TASK INSTRUCTIONS:
Please write out each entry below exactly as given.

PROVIDED DATA:

========

-- ===== src/Exporter.antt =====
-- internal/exporter/exporter.go: what the exporter keeps of scans, and the samples that it gives. The
-- Prometheus client, which writes the samples, is left out.
pub mod Ratio
use certinv.Prelude.{
  ℕ, ◌/◌, ℤ, pos, sub_ℕ, leb_ℤ, String, Bool, true, false, List, [], ◌∷◌, ◌++◌, map, if◌then◌else◌,
}
use certinv.Clock.{Time, Duration, second, sub}
use certinv.Config.{Float64}
use certinv.Result.{Result, ok, err}
use certinv.Store.Snapshots.{CertificateMetric, HostMetric, MetricsSnapshot, flat_map}

-- the operations of `float64` that only the exporter uses; `seconds` is `Duration.Seconds`
pub record Division (float : Float64) : Type 0 where
  pub seconds : Duration → float.F
  pub div : float.F → float.F → float.F

-- The fields under the mutex.
pub record Exporter (F : Type 0) : Type 0 where
  pub last_duration : F
  pub last_success_unix : F

-- the descriptors
pub data Metric : Type 0 where
  cert_not_after cert_lifetime_days cert_remaining_ratio host_reachable scan_duration
        scan_last_success :
      Metric

pub data Label : Type 0 where
  name : String → Label
  port_number : ℤ → Label

pub record Sample (F : Type 0) : Type 0 where
  pub metric : Metric
  pub labels : List Label
  pub value : F

-- `Time.Unix`; the zero time is 62135596800 seconds before 1970
abbrev unix : Time → ℤ
unix t = sub_ℕ (t / second) 62135596800

module _ (float : Float64) (division : Division float) where
  unfoldable pub record_scan :
      Duration → (success : Bool) → (occurred_at : Time) → Exporter float.F → Exporter float.F
  record_scan duration success occurred_at e = record {
    last_duration = division.seconds duration;
    last_success_unix = if success then float.of_int (unix occurred_at) else e.last_success_unix;
  }

  unfoldable pub remaining_ratio : CertificateMetric → Time → float.F
  remaining_ratio cert now =
      let lifetime = sub cert.not_after cert.not_before in
      let remaining = sub cert.not_after now in
      let ratio = division.div (division.seconds remaining) (division.seconds lifetime) in
      if leb_ℤ lifetime (pos 0)
      then float.of_int (pos 0)
      else if leb_ℤ remaining (pos 0)
      then float.of_int (pos 0)
      else if float.lt (float.of_int (pos 1)) ratio
      then float.of_int (pos 1)
      else ratio

  abbrev pub labels_of : CertificateMetric → List Label
  labels_of cert =
      name cert.fingerprint ∷ name cert.issuer ∷ name cert.common_name ∷ name cert.automation ∷ []

  abbrev pub certificate_samples : Time → CertificateMetric → List (Sample float.F)
  certificate_samples now cert =
      record {
        metric = cert_not_after;
        labels = labels_of cert;
        value = float.of_int (unix cert.not_after);
      }
      ∷ record {
        metric = cert_lifetime_days;
        labels = labels_of cert;
        value = float.of_int cert.lifetime_days;
      }
      ∷ record {
        metric = cert_remaining_ratio;
        labels = labels_of cert;
        value = remaining_ratio cert now;
      }
      ∷ []

  abbrev pub host_sample : HostMetric → Sample float.F
  host_sample host = record {
    metric = host_reachable;
    labels = name host.hostname ∷ port_number host.port ∷ [];
    value = if host.reachable then float.of_int (pos 1) else float.of_int (pos 0);
  }

  -- the samples of a snapshot, and none where it could not be read
  abbrev pub snapshot_samples : Time → Result MetricsSnapshot → List (Sample float.F)
  snapshot_samples now (err e) = []
  snapshot_samples now (ok snapshot) =
      flat_map (certificate_samples now) snapshot.certificates ++ map host_sample snapshot.hosts

  -- `Collect`
  unfoldable pub collect : Exporter float.F → Time → Result MetricsSnapshot → List (Sample float.F)
  collect e now snapshot =
      snapshot_samples now snapshot
      ++ record { metric = scan_duration; labels = []; value = e.last_duration }
        ∷ record { metric = scan_last_success; labels = []; value = e.last_success_unix }
        ∷ []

========

EXERCISE SOLUTION:
-- ===== src/Exporter.antt =====
-- internal/exporter/exporter.go: what the exporter keeps of scans, and the samples that it gives. The
-- Prometheus client, which writes the samples, is left out.
pub mod Ratio
use certinv.Prelude.{
  ℕ, ◌/◌, ℤ, pos, sub_ℕ, leb_ℤ, String, Bool, true, false, List, [], ◌∷◌, ◌++◌, map, if◌then◌else◌,
}
use certinv.Clock.{Time, Duration, second, sub}
use certinv.Config.{Float64}
use certinv.Result.{Result, ok, err}
use certinv.Store.Snapshots.{CertificateMetric, HostMetric, MetricsSnapshot, flat_map}

-- the operations of `float64` that only the exporter uses; `seconds` is `Duration.Seconds`
pub record Division (float : Float64) : Type 0 where
  pub seconds : Duration → float.F
  pub div : float.F → float.F → float.F

-- The fields under the mutex.
pub record Exporter (F : Type 0) : Type 0 where
  pub last_duration : F
  pub last_success_unix : F

-- the descriptors
pub data Metric : Type 0 where
  cert_not_after cert_lifetime_days cert_remaining_ratio host_reachable scan_duration
        scan_last_success :
      Metric

pub data Label : Type 0 where
  name : String → Label
  port_number : ℤ → Label

pub record Sample (F : Type 0) : Type 0 where
  pub metric : Metric
  pub labels : List Label
  pub value : F

-- `Time.Unix`; the zero time is 62135596800 seconds before 1970
abbrev unix : Time → ℤ
unix t = sub_ℕ (t / second) 62135596800

module _ (float : Float64) (division : Division float) where
  unfoldable pub record_scan :
      Duration → (success : Bool) → (occurred_at : Time) → Exporter float.F → Exporter float.F
  record_scan duration success occurred_at e = record {
    last_duration = division.seconds duration;
    last_success_unix = if success then float.of_int (unix occurred_at) else e.last_success_unix;
  }

  unfoldable pub remaining_ratio : CertificateMetric → Time → float.F
  remaining_ratio cert now =
      let lifetime = sub cert.not_after cert.not_before in
      let remaining = sub cert.not_after now in
      let ratio = division.div (division.seconds remaining) (division.seconds lifetime) in
      if leb_ℤ lifetime (pos 0)
      then float.of_int (pos 0)
      else if leb_ℤ remaining (pos 0)
      then float.of_int (pos 0)
      else if float.lt (float.of_int (pos 1)) ratio
      then float.of_int (pos 1)
      else ratio

  abbrev pub labels_of : CertificateMetric → List Label
  labels_of cert =
      name cert.fingerprint ∷ name cert.issuer ∷ name cert.common_name ∷ name cert.automation ∷ []

  abbrev pub certificate_samples : Time → CertificateMetric → List (Sample float.F)
  certificate_samples now cert =
      record {
        metric = cert_not_after;
        labels = labels_of cert;
        value = float.of_int (unix cert.not_after);
      }
      ∷ record {
        metric = cert_lifetime_days;
        labels = labels_of cert;
        value = float.of_int cert.lifetime_days;
      }
      ∷ record {
        metric = cert_remaining_ratio;
        labels = labels_of cert;
        value = remaining_ratio cert now;
      }
      ∷ []

  abbrev pub host_sample : HostMetric → Sample float.F
  host_sample host = record {
    metric = host_reachable;
    labels = name host.hostname ∷ port_number host.port ∷ [];
    value = if host.reachable then float.of_int (pos 1) else float.of_int (pos 0);
  }

  -- the samples of a snapshot, and none where it could not be read
  abbrev pub snapshot_samples : Time → Result MetricsSnapshot → List (Sample float.F)
  snapshot_samples now (err e) = []
  snapshot_samples now (ok snapshot) =
      flat_map (certificate_samples now) snapshot.certificates ++ map host_sample snapshot.hosts

  -- `Collect`
  unfoldable pub collect : Exporter float.F → Time → Result MetricsSnapshot → List (Sample float.F)
  collect e now snapshot =
      snapshot_samples now snapshot
      ++ record { metric = scan_duration; labels = []; value = e.last_duration }
        ∷ record { metric = scan_last_success; labels = []; value = e.last_success_unix }
        ∷ []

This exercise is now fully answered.